The lines you return should be those containing the string "Paging", taken from the data below.

======== Data for the task ========

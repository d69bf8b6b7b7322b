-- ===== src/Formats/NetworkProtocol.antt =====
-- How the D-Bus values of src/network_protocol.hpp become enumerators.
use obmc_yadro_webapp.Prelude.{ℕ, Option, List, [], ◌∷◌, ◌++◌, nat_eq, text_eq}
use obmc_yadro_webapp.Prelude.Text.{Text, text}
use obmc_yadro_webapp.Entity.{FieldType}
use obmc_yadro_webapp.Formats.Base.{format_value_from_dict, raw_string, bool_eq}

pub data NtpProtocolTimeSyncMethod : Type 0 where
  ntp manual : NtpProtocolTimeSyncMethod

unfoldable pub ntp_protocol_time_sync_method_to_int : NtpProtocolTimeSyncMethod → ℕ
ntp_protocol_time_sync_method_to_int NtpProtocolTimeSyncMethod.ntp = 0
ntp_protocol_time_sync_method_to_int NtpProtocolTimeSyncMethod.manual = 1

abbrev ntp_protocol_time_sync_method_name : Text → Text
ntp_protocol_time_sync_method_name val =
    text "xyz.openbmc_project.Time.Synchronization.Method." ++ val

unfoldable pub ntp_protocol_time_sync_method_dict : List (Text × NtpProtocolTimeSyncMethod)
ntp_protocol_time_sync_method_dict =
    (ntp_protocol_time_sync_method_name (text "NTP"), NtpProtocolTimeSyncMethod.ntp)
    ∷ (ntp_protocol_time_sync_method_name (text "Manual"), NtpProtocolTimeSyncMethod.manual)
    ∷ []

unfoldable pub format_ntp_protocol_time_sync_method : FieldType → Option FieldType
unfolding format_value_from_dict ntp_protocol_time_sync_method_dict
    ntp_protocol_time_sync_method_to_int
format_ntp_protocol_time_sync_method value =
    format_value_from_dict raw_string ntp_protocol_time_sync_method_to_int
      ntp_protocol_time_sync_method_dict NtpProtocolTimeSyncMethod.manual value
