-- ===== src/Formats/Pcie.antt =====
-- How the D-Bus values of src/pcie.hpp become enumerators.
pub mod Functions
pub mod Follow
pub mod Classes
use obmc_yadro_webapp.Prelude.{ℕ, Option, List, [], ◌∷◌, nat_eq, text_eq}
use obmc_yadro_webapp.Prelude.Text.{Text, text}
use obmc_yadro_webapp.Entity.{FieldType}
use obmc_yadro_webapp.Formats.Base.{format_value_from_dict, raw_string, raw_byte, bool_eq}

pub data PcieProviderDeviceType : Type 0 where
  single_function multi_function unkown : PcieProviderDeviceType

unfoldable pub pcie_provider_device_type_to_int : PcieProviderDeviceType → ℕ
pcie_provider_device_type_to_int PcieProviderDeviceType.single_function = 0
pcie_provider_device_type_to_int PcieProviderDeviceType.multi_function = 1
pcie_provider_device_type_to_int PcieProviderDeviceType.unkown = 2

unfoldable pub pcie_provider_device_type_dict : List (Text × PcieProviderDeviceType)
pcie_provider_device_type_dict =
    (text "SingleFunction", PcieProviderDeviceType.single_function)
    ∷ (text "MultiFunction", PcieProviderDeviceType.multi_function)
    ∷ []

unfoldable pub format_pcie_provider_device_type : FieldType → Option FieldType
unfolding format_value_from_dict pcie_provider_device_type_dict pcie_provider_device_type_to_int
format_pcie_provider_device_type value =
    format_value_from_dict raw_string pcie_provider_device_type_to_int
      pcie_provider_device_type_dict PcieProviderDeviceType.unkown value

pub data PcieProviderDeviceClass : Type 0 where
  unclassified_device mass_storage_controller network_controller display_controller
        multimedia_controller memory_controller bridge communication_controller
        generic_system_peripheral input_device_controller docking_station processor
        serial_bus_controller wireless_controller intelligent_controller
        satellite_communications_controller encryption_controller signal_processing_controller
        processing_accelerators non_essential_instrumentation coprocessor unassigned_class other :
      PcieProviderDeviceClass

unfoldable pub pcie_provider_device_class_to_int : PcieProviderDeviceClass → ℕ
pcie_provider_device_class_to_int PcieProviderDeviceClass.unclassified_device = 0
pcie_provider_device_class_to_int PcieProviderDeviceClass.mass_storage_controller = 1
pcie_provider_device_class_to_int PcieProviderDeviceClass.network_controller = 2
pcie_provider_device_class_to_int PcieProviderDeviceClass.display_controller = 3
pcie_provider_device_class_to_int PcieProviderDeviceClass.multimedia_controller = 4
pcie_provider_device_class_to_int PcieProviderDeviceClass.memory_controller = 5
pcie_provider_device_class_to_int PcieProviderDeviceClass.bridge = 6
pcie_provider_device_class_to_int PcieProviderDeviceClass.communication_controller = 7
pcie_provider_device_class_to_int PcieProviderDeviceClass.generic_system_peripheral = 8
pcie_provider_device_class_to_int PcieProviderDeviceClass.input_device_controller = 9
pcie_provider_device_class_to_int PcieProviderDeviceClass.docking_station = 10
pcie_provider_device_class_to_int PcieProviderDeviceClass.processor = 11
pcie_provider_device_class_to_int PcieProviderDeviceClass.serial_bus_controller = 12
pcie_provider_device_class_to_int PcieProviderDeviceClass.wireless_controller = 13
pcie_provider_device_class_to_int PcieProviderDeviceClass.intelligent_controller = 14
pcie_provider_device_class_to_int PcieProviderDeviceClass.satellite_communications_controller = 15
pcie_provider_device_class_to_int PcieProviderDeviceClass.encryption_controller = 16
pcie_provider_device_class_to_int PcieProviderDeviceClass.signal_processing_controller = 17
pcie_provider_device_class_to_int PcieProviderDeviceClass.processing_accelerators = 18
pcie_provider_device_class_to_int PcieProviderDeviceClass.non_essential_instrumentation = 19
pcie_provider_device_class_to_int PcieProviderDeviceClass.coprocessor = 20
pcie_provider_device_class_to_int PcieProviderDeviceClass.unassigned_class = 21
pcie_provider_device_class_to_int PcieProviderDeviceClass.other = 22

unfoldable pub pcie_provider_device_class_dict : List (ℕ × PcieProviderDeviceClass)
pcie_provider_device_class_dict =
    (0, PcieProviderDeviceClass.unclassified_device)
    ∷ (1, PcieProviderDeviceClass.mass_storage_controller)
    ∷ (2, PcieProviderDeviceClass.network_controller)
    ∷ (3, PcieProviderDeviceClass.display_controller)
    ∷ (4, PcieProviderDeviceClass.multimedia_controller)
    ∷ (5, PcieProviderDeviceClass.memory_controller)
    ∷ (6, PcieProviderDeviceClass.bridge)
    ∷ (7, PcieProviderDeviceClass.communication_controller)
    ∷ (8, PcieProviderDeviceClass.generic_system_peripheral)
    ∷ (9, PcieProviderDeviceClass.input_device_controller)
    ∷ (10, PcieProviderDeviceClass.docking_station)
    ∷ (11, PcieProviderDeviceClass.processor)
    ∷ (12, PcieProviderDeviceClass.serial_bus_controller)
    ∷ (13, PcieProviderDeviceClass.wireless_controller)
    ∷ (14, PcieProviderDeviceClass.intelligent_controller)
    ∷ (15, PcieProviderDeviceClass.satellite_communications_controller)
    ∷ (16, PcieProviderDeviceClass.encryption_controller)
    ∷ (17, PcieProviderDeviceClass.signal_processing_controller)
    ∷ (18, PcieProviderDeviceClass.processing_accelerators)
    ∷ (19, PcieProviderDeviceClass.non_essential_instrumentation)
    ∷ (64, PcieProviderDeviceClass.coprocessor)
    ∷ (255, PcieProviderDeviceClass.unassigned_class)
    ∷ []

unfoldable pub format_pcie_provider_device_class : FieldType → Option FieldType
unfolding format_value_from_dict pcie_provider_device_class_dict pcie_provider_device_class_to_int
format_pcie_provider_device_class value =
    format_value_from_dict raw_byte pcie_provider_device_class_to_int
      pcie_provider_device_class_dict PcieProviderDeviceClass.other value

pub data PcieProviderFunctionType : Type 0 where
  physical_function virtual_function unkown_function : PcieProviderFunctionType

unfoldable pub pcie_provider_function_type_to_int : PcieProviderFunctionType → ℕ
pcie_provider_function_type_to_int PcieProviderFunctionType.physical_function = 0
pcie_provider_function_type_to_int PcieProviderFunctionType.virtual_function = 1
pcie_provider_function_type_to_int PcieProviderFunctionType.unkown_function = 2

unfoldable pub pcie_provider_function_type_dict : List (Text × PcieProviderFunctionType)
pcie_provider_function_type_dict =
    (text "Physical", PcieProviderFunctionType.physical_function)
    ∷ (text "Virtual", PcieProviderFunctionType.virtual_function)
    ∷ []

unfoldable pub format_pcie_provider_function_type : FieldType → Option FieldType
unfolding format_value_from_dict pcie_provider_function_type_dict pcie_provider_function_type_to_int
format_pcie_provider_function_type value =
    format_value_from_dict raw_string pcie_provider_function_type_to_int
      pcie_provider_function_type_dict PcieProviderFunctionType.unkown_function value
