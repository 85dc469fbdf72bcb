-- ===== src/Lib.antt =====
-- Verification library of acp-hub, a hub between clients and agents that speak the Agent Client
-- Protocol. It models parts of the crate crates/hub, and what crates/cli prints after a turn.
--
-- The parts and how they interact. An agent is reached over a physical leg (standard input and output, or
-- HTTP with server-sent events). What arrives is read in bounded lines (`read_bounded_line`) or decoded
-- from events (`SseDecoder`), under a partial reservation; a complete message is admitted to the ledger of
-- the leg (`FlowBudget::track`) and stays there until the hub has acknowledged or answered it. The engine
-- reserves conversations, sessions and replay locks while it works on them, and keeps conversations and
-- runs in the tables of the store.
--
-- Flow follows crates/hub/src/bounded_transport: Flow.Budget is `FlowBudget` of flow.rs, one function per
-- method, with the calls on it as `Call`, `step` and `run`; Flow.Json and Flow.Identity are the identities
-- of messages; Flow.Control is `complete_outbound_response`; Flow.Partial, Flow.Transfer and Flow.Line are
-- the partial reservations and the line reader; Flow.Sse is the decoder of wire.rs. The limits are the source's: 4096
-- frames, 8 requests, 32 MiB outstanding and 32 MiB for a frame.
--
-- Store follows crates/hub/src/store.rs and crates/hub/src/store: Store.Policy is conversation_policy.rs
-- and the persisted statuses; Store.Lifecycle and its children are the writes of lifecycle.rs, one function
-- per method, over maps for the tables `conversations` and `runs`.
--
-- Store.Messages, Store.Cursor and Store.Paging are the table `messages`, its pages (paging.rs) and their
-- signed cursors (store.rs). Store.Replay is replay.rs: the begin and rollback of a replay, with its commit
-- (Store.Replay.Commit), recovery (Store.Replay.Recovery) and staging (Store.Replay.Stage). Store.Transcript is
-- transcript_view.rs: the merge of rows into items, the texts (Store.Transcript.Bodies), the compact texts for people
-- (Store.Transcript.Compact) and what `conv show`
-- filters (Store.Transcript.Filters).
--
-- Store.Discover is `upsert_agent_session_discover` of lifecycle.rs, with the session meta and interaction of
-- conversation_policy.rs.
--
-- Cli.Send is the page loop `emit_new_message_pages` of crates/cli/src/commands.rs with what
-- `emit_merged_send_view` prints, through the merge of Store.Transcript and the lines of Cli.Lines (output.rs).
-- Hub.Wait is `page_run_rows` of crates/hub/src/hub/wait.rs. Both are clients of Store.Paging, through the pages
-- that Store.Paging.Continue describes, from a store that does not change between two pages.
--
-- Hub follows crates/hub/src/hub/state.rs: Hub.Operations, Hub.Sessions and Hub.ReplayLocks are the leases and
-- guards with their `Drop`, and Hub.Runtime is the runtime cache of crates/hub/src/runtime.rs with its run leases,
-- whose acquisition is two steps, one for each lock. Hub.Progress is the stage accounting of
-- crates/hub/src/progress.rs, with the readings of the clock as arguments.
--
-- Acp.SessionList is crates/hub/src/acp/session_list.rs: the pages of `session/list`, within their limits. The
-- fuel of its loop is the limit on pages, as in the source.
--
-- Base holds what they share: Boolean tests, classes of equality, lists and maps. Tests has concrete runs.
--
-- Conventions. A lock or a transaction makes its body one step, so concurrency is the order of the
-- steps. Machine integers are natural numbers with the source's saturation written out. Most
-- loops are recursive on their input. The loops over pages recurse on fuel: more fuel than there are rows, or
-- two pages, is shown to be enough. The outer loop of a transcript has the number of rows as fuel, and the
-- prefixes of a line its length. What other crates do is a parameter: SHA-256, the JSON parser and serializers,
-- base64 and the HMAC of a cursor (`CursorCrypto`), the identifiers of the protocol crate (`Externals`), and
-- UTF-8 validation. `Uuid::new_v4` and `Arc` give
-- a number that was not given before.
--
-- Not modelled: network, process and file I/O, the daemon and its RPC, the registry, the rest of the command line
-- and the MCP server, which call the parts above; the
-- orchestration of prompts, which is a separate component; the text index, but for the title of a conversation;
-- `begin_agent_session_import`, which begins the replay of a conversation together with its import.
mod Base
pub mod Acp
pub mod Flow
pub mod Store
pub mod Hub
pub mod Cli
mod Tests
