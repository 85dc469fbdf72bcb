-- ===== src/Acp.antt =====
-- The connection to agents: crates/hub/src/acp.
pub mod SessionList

========

Reply:
-- Store.Messages, Store.Cursor and Store.Paging are the table `messages`, its pages (paging.rs) and their
-- Hub.Wait is `page_run_rows` of crates/hub/src/hub/wait.rs. Both are clients of Store.Paging, through the pages
-- that Store.Paging.Continue describes, from a store that does not change between two pages.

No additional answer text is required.